La storia è quella di Earn (Donald Glover), che si improvvisa agente del cugino Alfred (Brian Tyree Henry), rapper di nome Paper Boi. Earn ha visto naufragare i suoi sogni personali, e ha dovuto accantonarli per far fronte a esigenze più personali, che lo vedono padre e compagno. L'intreccio emerge sporadicamente in superficie come collante di una storia più grande, che non ha mai la grande e seriosa pretesa di porgersi come affresco socioculturale della città di Martin Luther King. Donald Glover, sceneggiatore, attore, produttore, ricrea sulla sua opera un mood silenzioso, quasi inesorabile e bloccato in un presente che cambia, ma che rimane sempre uguale a se stesso.

Ad accompagnarci sono le musiche di Childish Gambino, nome d'arte dello stesso Glover, che tra le altre cose è anche un cantante. In generale la soundtrack domina parecchio sulla scena, corollario di una storia che ha evidentemente al suo centro la cultura black. Cultura intesa anche come modo di vivere il rapporto con la contemporaneità, con lo star system che, in un ribaltamento tanto semplice quanto geniale, può permettersi di immaginare un Justin Bieber nero. Oppure, come in B.A.N., uno degli episodi più sperimentali dell'anno, addirittura un talk show immaginario con tanto di intermezzi pubblicitari fittizi e satirici che costruisce una bella ed esilarante riflessione sul politicamente scorretto.

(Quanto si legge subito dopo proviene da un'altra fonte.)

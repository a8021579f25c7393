-- ===== src/Idempotency/Replay.antt =====
-- A second call with the same key gets the outcome of the first, and does not run its function.
use my_go.Common.{
  ℕ, ◌≤◌, ◌≡◌, Time, Duration, String, List, [], insert, none, false, Fallible, ok, err, lookup,
  lookup-insert, eq_iff, add_time, arith,
}
use my_go.Idempotency.{processing, completed, failed, previously_failed, exec_failed}
use my_go.Idempotency.Memory.{
  MemoryStorage, memory_storage, is_taken, live_record, new_record, load, try_mark_processing,
  save_result, save_error,
}
use my_go.Idempotency.Service.{Serializer, execute, on_load, on_mark, save}

module _ {A W : Type 0} (serializer : Serializer A) (key : String) (ttl : Duration)
    (t_load t_mark t_save : Time) (fn : W → W × Fallible String A) (s : MemoryStorage) (w w' : W)
    (unseen : live_record t_load (lookup key s.records) ≡ none)
    (untaken : is_taken t_mark (lookup key s.records) ≡ false) (u_load u_mark u_save : Time)
    (fn2 : W → W × Fallible String A) (kept : u_load ≤ add_time t_save ttl) where
  -- The storage while the function runs.
  abbrev marked : MemoryStorage
  marked = record { records = insert key (new_record t_mark key ttl processing [] "") s.records }

  -- On the in-memory storage, a call with a key of which no live record is stored runs its function.
  -- If that succeeds, with a result that the serializer takes there and back, the call returns the
  -- result; and a later call with the key, up to the expiry of the saved record, returns the same
  -- result and leaves the storage and the world as they were, whatever its function would do.
  pub replay_ok :
      (a : A) (bytes : List ℕ)
      → fn w ≡ (w', ok a)
      → serializer.marshal a ≡ ok bytes
      → serializer.unmarshal bytes ≡ ok a
      → let ((s1, w1), r) =
          execute serializer memory_storage t_load t_mark t_save key ttl fn (s, w) in
        (w1 ≡ w')
        × (r ≡ ok a)
        × (execute serializer memory_storage u_load u_mark u_save key ttl fn2 (s1, w1)
            ≡ ((s1, w1), ok a))
  unfolding execute on_load on_mark save load try_mark_processing save_result save_error
  replay_ok a bytes runs there back = ground (
    arith,
    eq_iff key key,
    lookup-insert key key (new_record t_save key ttl completed bytes "") marked.records,
  )

  -- If the function fails, the call returns its error, and a later call with the key returns that it
  -- failed before, with the same message, and leaves the storage and the world as they were.
  pub replay_error :
      (message : String)
      → fn w ≡ (w', err message)
      → let ((s1, w1), r) =
          execute serializer memory_storage t_load t_mark t_save key ttl fn (s, w) in
        (w1 ≡ w')
        × (r ≡ err (exec_failed message))
        × (execute serializer memory_storage u_load u_mark u_save key ttl fn2 (s1, w1)
            ≡ ((s1, w1), err (previously_failed message)))
  unfolding execute on_load on_mark save load try_mark_processing save_result save_error
  replay_error message runs = ground (
    arith,
    eq_iff key key,
    lookup-insert key key (new_record t_save key ttl failed [] message) marked.records,
  )
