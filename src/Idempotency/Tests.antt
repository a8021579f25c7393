-- ===== src/Idempotency/Tests.antt =====
-- Witnesses and runs: numbers as results, written as one byte, and three callers of one key.
use my_go.Common.{
  ℕ, ◌+◌, ◌≡◌, refl, String, List, [], ◌∷◌, Fallible, ok, err, pos, lookup, insert, erase,
  delete_if, arith,
}
use my_go.Idempotency.{exec_failed, previously_failed}
use my_go.Idempotency.Memory.{
  cleanup, memory_storage, empty, load, try_mark_processing, save_result,
}
use my_go.Idempotency.Service.{Serializer, execute, on_load, on_mark, save}
use my_go.Idempotency.Replay.{replay_ok, replay_error}
use my_go.Idempotency.Callers.{Request, Event, turn, sweep, initial, advance, step, run}
use my_go.Idempotency.Exclusion.{Apart, start_times, run-Apart}

abbrev read_byte : List ℕ → Fallible String ℕ
read_byte [] = err "no bytes"
read_byte (b ∷ bs) = ok b

abbrev byte_serializer : Serializer ℕ
byte_serializer = record { marshal = λ n. ok (n ∷ []); unmarshal = read_byte }

abbrev count_up : ℕ → ℕ × Fallible String ℕ
count_up w = (w + 1, ok 7)

abbrev break_down : ℕ → ℕ × Fallible String ℕ
break_down w = (w + 1, err "declined")

replay_ok_example :
    let ((s1, w1), r) =
      execute byte_serializer memory_storage 5 6 8 "order-1" (pos 100) count_up (empty, 0) in
    (w1 ≡ 1)
    × (r ≡ ok 7)
    × (execute byte_serializer memory_storage 90 91 92 "order-1" (pos 100) break_down (s1, w1)
        ≡ ((s1, w1), ok 7))
unfolding empty lookup
replay_ok_example =
    replay_ok byte_serializer "order-1" (pos 100) 5 6 8 count_up empty 0 1 refl refl 90 91 92
      break_down (omega arith) 7 (7 ∷ []) refl refl refl

replay_error_example :
    let ((s1, w1), r) =
      execute byte_serializer memory_storage 5 6 8 "order-1" (pos 100) break_down (empty, 0) in
    (w1 ≡ 1)
    × (r ≡ err (exec_failed "declined"))
    × (execute byte_serializer memory_storage 90 91 92 "order-1" (pos 100) count_up (s1, w1)
        ≡ ((s1, w1), err (previously_failed "declined")))
unfolding empty lookup
replay_error_example =
    replay_error byte_serializer "order-1" (pos 100) 5 6 8 break_down empty 0 1 refl refl 90 91 92
      count_up (omega arith) "declined" refl

abbrev same_order : ℕ → Request
same_order i = record { key = "order-1"; ttl = pos 10 }

-- Callers 0 and 1 both find no record; caller 0 marks first, and caller 1 is turned away. Caller 2
-- comes after the saved record has expired.
abbrev schedule : List (Event ℕ)
schedule =
    turn 0 1 (ok 7)
    ∷ turn 1 1 (ok 7)
    ∷ turn 0 2 (ok 7)
    ∷ turn 1 3 (ok 7)
    ∷ turn 0 5 (ok 7)
    ∷ turn 0 6 (ok 7)
    ∷ turn 2 17 (ok 8)
    ∷ sweep 18
    ∷ turn 2 21 (ok 8)
    ∷ []

schedule_starts :
    start_times "order-1" (run byte_serializer same_order initial schedule).starts ≡ 21 ∷ 2 ∷ []
unfolding run step advance empty lookup insert erase delete_if load try_mark_processing cleanup
    on_load on_mark save save_result
schedule_starts = refl

run-Apart_example :
    Apart (pos 10) (start_times "order-1" (run byte_serializer same_order initial schedule).starts)
run-Apart_example =
    run-Apart byte_serializer same_order "order-1" (pos 10) schedule (λ i. refl) (omega arith)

Glover e gli altri protagonisti vivono dentro e al di fuori dei loro personaggi. Non si tratta di una quasi completa identificazione con il ruolo che rappresentano: non arriviamo probabilmente a Master of None e tantomeno a Louie, che osava molto di più. D'altra parte emerge in ogni istante la familiarità, il senso di appartenenza ad un contesto suburbano che è proprio e risalta anche senza caricarlo di attributi particolari. E qui il paragone va subito a The Get Down, che invece poneva fortemente l'accento su scenografie, ambienti, personaggi, perdendo però in naturalezza e coerenza interna.

Ci si affeziona da subito ai personaggi, alla scrittura, all'ambientazione. Ci si affeziona a queste vicende grottesche, ad una disperazione che non apparirà mai come tale, ma che anzi viene sottilmente filtrata tramite esagerazioni e assurdità varie. L'eco di un mondo che aspira ad essere altro e invece non può far altro che guardarsi allo specchio. E questa probabilmente è una riflessione più universale di quanto appaia.